### Directions for this task:
From the first line to the last, retype the listing without any alteration.

### Material for the task:
========================================

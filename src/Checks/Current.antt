-- ===== src/Checks/Current.antt =====
-- compiler/checks.rs, `claim_binding`: is there a check whose last attempt still applies to a claim?

use agent_receipts.Prelude.{
  Bool, true, false, not, ◌&&◌, String, List, [], ◌∷◌, Option, none, some, ◌==◌, filter, reverse,
  contains, texts_eq, find_last, is_empty, if◌then◌else◌, Result, ok, err,
}
use agent_receipts.Checks.Types.{CheckDefinition, CheckManifest, CheckAttemptRecord, ClaimBinding}

-- What `compute_binding` finds in the work tree for a check.
pub record BindingSnapshot : Type 0 where
  pub covered_paths : List String
  pub subject_digest : String
  pub dependency_lock_digest : String
  pub command_digest : String
  pub definition_digest : String
  pub environment_digest : String

abbrev pub unbound : ClaimBinding
unbound = record { applicability = "unbound"; outcome = "unknown"; check_id = none }

unfoldable pub is_eligible : String → String → CheckDefinition → Bool
is_eligible claim_id claim_kind check =
    contains check.target_claims claim_id && contains check.eligible_claim_kinds claim_kind

unfoldable pub has_environment : CheckDefinition → BindingSnapshot → CheckAttemptRecord → Bool
has_environment check snapshot attempt =
    attempt.environment_class == check.environment_class
    && attempt.environment_digest == snapshot.environment_digest

-- The attempt ran on what the work tree holds now.
unfoldable pub is_fresh : CheckDefinition → BindingSnapshot → CheckAttemptRecord → Bool
is_fresh check snapshot attempt =
    attempt.check_version == check.version
    && texts_eq attempt.target_claims check.target_claims
    && texts_eq attempt.covered_paths snapshot.covered_paths
    && attempt.subject_digest == snapshot.subject_digest
    && attempt.dependency_lock_digest == snapshot.dependency_lock_digest
    && attempt.command_digest == snapshot.command_digest
    && attempt.definition_digest == snapshot.definition_digest

-- How one turn of the loop ends.
pub data Verdict : Type 0 where
  no_attempt stale environment_mismatch : Verdict
  current : CheckAttemptRecord → Verdict

-- `compute_binding` reads the work tree; it is `none` where it fails.
module _ (compute_binding : CheckDefinition → Option BindingSnapshot)
    (attempts : List CheckAttemptRecord) where
  unfoldable pub verdict : CheckDefinition → Verdict
  unfolding has_environment is_fresh
  verdict check = elim (find_last (λ attempt. attempt.check_id == check.id) attempts) [
    | none ↦ no_attempt
    | some attempt ↦ elim (compute_binding check) [
      | none ↦ stale
      | some snapshot ↦
          if not (has_environment check snapshot attempt)
          then environment_mismatch
          else if not (is_fresh check snapshot attempt)
          then stale
          else current attempt
    ]
  ]

  -- The loop, with the two flags of the source.
  unfoldable pub bind_from : Bool → Bool → List CheckDefinition → ClaimBinding
  bind_from saw_stale saw_mismatch [] = record {
    applicability =
        if saw_mismatch then "environment_mismatch" else if saw_stale then "stale" else "unbound";
    outcome = "unknown";
    check_id = none;
  }
  bind_from saw_stale saw_mismatch (check ∷ checks) = elim (verdict check) [
    | no_attempt ↦ bind_from saw_stale saw_mismatch checks
    | stale ↦ bind_from true saw_mismatch checks
    | environment_mismatch ↦ bind_from saw_stale true checks
    | current attempt ↦ record {
      applicability = "current";
      outcome = attempt.outcome;
      check_id = some check.id;
    }
  ]

  unfoldable pub bind_claim : CheckManifest → String → String → ClaimBinding
  unfolding bind_from
  bind_claim manifest claim_id claim_kind =
      let eligible = filter (is_eligible claim_id claim_kind) manifest.checks in
      if is_empty eligible then unbound else bind_from false false (reverse eligible)

-- `manifest` is `none` without a repository root, and else what `load_manifest` returns.
unfoldable pub claim_binding :
    {E : Type 0}
    → (CheckDefinition → Option BindingSnapshot)
    → Option (Result E (Option CheckManifest))
    → String
    → String
    → List CheckAttemptRecord
    → Result E ClaimBinding
claim_binding compute_binding manifest claim_id claim_kind attempts = elim manifest [
  | none ↦ ok unbound
  | some (err e) ↦ err e
  | some (ok none) ↦ ok unbound
  | some (ok (some m)) ↦ ok (bind_claim compute_binding attempts m claim_id claim_kind)
]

========================================

### Exercise result:
filename src/Checks/Current.antt
-- ===== src/Checks/Current.antt =====
-- compiler/checks.rs, `claim_binding`: is there a check whose last attempt still applies to a claim?

use agent_receipts.Prelude.{
  Bool, true, false, not, ◌&&◌, String, List, [], ◌∷◌, Option, none, some, ◌==◌, filter, reverse,
  contains, texts_eq, find_last, is_empty, if◌then◌else◌, Result, ok, err,
}
use agent_receipts.Checks.Types.{CheckDefinition, CheckManifest, CheckAttemptRecord, ClaimBinding}

-- What `compute_binding` finds in the work tree for a check.
pub record BindingSnapshot : Type 0 where
  pub covered_paths : List String
  pub subject_digest : String
  pub dependency_lock_digest : String
  pub command_digest : String
  pub definition_digest : String
  pub environment_digest : String

abbrev pub unbound : ClaimBinding
unbound = record { applicability = "unbound"; outcome = "unknown"; check_id = none }

unfoldable pub is_eligible : String → String → CheckDefinition → Bool
is_eligible claim_id claim_kind check =
    contains check.target_claims claim_id && contains check.eligible_claim_kinds claim_kind

unfoldable pub has_environment : CheckDefinition → BindingSnapshot → CheckAttemptRecord → Bool
has_environment check snapshot attempt =
    attempt.environment_class == check.environment_class
    && attempt.environment_digest == snapshot.environment_digest

-- The attempt ran on what the work tree holds now.
unfoldable pub is_fresh : CheckDefinition → BindingSnapshot → CheckAttemptRecord → Bool
is_fresh check snapshot attempt =
    attempt.check_version == check.version
    && texts_eq attempt.target_claims check.target_claims
    && texts_eq attempt.covered_paths snapshot.covered_paths
    && attempt.subject_digest == snapshot.subject_digest
    && attempt.dependency_lock_digest == snapshot.dependency_lock_digest
    && attempt.command_digest == snapshot.command_digest
    && attempt.definition_digest == snapshot.definition_digest

-- How one turn of the loop ends.
pub data Verdict : Type 0 where
  no_attempt stale environment_mismatch : Verdict
  current : CheckAttemptRecord → Verdict

-- `compute_binding` reads the work tree; it is `none` where it fails.
module _ (compute_binding : CheckDefinition → Option BindingSnapshot)
    (attempts : List CheckAttemptRecord) where
  unfoldable pub verdict : CheckDefinition → Verdict
  unfolding has_environment is_fresh
  verdict check = elim (find_last (λ attempt. attempt.check_id == check.id) attempts) [
    | none ↦ no_attempt
    | some attempt ↦ elim (compute_binding check) [
      | none ↦ stale
      | some snapshot ↦
          if not (has_environment check snapshot attempt)
          then environment_mismatch
          else if not (is_fresh check snapshot attempt)
          then stale
          else current attempt
    ]
  ]

  -- The loop, with the two flags of the source.
  unfoldable pub bind_from : Bool → Bool → List CheckDefinition → ClaimBinding
  bind_from saw_stale saw_mismatch [] = record {
    applicability =
        if saw_mismatch then "environment_mismatch" else if saw_stale then "stale" else "unbound";
    outcome = "unknown";
    check_id = none;
  }
  bind_from saw_stale saw_mismatch (check ∷ checks) = elim (verdict check) [
    | no_attempt ↦ bind_from saw_stale saw_mismatch checks
    | stale ↦ bind_from true saw_mismatch checks
    | environment_mismatch ↦ bind_from saw_stale true checks
    | current attempt ↦ record {
      applicability = "current";
      outcome = attempt.outcome;
      check_id = some check.id;
    }
  ]

  unfoldable pub bind_claim : CheckManifest → String → String → ClaimBinding
  unfolding bind_from
  bind_claim manifest claim_id claim_kind =
      let eligible = filter (is_eligible claim_id claim_kind) manifest.checks in
      if is_empty eligible then unbound else bind_from false false (reverse eligible)

-- `manifest` is `none` without a repository root, and else what `load_manifest` returns.
unfoldable pub claim_binding :
    {E : Type 0}
    → (CheckDefinition → Option BindingSnapshot)
    → Option (Result E (Option CheckManifest))
    → String
    → String
    → List CheckAttemptRecord
    → Result E ClaimBinding
claim_binding compute_binding manifest claim_id claim_kind attempts = elim manifest [
  | none ↦ ok unbound
  | some (err e) ↦ err e
  | some (ok none) ↦ ok unbound
  | some (ok (some m)) ↦ ok (bind_claim compute_binding attempts m claim_id claim_kind)
]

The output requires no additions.